## [YOUR INSTRUCTIONS]
Each line of the material below with the word "does" is to be reported.

## [EXCERPTED DATA]
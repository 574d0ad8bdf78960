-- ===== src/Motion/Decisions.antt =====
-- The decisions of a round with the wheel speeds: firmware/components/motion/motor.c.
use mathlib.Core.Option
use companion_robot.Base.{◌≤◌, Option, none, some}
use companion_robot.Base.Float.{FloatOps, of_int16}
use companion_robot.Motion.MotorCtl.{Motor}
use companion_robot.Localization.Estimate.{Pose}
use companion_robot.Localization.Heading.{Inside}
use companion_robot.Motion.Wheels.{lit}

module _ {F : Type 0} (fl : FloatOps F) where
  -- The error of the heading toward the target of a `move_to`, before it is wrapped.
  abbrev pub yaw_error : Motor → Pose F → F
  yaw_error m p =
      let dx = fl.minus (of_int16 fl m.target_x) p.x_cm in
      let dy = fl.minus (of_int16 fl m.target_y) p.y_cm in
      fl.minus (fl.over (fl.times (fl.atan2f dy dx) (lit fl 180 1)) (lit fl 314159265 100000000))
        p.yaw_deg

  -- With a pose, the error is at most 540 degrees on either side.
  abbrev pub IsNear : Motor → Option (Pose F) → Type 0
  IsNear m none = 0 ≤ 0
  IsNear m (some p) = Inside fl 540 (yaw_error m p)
---
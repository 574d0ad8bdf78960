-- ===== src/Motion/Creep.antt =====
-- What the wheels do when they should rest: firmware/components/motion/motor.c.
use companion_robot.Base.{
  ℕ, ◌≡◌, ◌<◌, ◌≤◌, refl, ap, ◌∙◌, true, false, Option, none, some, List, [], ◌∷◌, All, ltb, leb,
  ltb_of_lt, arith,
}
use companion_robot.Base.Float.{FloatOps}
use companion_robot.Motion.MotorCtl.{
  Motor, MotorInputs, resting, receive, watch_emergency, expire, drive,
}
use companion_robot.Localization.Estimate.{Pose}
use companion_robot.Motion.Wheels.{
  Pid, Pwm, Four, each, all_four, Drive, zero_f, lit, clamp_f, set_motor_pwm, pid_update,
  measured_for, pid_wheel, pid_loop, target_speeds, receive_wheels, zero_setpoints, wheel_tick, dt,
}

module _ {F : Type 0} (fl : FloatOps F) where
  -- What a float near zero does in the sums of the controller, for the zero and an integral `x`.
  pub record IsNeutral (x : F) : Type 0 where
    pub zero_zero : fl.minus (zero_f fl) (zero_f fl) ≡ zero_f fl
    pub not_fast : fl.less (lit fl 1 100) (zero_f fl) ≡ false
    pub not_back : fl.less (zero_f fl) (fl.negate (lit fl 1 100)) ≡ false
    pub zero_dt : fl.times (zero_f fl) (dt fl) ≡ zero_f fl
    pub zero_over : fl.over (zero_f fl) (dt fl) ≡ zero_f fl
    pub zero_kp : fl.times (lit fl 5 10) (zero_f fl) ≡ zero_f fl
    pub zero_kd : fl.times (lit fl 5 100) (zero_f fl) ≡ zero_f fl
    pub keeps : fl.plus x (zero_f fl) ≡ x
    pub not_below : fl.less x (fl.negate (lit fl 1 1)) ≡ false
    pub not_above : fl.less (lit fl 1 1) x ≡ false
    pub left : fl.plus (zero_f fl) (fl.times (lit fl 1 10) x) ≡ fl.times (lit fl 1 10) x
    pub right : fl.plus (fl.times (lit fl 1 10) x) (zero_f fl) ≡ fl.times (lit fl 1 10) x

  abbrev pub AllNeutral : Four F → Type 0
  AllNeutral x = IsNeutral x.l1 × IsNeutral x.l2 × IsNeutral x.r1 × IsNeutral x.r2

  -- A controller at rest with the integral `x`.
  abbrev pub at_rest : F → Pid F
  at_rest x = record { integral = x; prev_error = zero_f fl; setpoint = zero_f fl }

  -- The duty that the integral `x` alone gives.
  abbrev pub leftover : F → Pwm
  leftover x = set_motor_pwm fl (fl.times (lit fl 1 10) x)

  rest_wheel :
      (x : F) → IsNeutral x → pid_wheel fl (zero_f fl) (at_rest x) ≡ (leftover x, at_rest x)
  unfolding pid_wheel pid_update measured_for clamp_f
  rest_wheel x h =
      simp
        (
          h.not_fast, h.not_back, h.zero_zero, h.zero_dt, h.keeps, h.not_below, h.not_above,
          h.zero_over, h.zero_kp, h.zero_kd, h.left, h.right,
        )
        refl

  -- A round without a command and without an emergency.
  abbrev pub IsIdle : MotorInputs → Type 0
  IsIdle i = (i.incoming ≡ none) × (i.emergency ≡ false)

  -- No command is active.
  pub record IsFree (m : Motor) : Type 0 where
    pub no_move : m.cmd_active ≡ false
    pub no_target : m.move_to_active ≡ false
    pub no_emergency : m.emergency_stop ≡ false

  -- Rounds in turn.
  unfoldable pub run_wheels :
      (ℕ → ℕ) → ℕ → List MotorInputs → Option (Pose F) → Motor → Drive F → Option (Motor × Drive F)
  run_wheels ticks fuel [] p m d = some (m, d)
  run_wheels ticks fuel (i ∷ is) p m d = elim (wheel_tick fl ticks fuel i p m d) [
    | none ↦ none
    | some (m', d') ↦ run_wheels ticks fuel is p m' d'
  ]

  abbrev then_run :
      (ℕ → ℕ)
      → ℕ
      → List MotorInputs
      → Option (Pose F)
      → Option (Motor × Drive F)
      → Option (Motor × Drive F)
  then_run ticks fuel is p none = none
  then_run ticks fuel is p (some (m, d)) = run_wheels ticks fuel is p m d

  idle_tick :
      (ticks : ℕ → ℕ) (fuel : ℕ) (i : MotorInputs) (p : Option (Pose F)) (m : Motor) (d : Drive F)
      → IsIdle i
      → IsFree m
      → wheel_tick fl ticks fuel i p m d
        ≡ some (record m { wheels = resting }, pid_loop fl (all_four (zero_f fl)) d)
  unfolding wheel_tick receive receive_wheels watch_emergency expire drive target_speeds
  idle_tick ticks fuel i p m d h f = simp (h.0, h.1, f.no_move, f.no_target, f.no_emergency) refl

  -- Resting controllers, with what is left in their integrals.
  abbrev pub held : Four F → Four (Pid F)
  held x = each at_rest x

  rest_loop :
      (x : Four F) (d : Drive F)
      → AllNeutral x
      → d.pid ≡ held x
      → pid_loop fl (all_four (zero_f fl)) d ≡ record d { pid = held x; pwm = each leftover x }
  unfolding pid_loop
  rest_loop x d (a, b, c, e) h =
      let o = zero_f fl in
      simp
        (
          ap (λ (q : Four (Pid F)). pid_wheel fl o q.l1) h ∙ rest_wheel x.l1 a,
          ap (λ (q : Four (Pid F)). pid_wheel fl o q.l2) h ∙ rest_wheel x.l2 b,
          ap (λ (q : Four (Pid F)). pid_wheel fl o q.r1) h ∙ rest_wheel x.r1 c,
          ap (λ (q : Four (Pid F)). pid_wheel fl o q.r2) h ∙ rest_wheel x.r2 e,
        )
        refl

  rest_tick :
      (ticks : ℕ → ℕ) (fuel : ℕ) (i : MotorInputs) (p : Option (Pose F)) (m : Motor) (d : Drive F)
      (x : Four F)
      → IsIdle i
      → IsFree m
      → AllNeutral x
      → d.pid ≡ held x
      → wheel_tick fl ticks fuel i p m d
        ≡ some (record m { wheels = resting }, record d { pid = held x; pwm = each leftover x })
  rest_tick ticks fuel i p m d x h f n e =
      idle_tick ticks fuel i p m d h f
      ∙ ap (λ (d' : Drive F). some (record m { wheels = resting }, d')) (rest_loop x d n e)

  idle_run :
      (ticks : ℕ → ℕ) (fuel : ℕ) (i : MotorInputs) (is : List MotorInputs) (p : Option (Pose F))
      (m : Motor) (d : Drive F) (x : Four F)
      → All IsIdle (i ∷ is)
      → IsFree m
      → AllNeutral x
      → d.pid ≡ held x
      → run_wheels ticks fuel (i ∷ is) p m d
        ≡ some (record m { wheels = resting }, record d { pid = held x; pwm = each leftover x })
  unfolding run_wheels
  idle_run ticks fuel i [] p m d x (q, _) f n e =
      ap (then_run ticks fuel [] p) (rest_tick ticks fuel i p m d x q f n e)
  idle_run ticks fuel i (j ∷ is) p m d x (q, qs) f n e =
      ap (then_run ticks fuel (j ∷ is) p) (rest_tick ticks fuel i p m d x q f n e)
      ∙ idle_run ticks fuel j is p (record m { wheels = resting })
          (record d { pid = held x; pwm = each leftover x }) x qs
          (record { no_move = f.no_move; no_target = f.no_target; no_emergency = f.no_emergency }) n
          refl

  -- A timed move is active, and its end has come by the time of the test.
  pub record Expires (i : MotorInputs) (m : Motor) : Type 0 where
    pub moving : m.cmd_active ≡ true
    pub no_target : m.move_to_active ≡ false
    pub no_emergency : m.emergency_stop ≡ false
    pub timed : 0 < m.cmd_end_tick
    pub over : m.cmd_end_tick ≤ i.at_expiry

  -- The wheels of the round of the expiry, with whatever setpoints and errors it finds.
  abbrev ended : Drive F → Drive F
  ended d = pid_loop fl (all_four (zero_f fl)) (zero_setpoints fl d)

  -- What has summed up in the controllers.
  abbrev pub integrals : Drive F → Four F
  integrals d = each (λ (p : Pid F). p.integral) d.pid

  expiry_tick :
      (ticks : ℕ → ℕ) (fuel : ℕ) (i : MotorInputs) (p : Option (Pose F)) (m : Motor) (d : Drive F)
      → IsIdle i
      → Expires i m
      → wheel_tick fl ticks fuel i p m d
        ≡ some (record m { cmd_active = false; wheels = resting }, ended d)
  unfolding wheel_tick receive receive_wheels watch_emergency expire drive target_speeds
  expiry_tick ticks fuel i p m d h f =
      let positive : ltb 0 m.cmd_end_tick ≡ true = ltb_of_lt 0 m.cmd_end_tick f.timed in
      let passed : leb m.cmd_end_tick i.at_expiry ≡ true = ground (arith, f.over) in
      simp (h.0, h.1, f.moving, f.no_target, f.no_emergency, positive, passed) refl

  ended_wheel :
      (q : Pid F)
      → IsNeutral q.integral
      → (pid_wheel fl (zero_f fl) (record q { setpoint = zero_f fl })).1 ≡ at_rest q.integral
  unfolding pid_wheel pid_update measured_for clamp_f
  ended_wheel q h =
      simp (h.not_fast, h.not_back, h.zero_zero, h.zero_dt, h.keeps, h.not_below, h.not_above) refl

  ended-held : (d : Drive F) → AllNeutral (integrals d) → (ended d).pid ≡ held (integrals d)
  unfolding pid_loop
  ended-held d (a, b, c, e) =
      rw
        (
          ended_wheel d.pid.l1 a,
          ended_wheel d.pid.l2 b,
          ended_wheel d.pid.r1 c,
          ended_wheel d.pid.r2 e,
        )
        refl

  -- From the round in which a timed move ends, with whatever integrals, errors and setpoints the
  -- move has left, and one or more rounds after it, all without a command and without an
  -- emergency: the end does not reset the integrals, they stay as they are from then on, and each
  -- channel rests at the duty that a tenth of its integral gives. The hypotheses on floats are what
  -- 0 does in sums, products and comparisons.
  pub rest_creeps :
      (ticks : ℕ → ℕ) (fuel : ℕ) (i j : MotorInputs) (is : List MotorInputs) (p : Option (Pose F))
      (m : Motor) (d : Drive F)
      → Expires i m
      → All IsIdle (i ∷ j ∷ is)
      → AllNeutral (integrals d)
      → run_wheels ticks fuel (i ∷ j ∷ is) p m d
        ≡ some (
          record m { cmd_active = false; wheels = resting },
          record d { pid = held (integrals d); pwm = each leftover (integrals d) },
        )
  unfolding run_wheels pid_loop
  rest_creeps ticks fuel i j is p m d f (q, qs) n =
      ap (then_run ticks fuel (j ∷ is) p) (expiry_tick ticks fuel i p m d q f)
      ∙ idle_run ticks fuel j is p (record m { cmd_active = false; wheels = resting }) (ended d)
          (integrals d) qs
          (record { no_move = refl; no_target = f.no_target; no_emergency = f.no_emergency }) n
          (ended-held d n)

## [RESPONSE AREA]
  -- What a float near zero does in the sums of the controller, for the zero and an integral `x`.
  -- emergency: the end does not reset the integrals, they stay as they are from then on, and each
  -- 0 does in sums, products and comparisons.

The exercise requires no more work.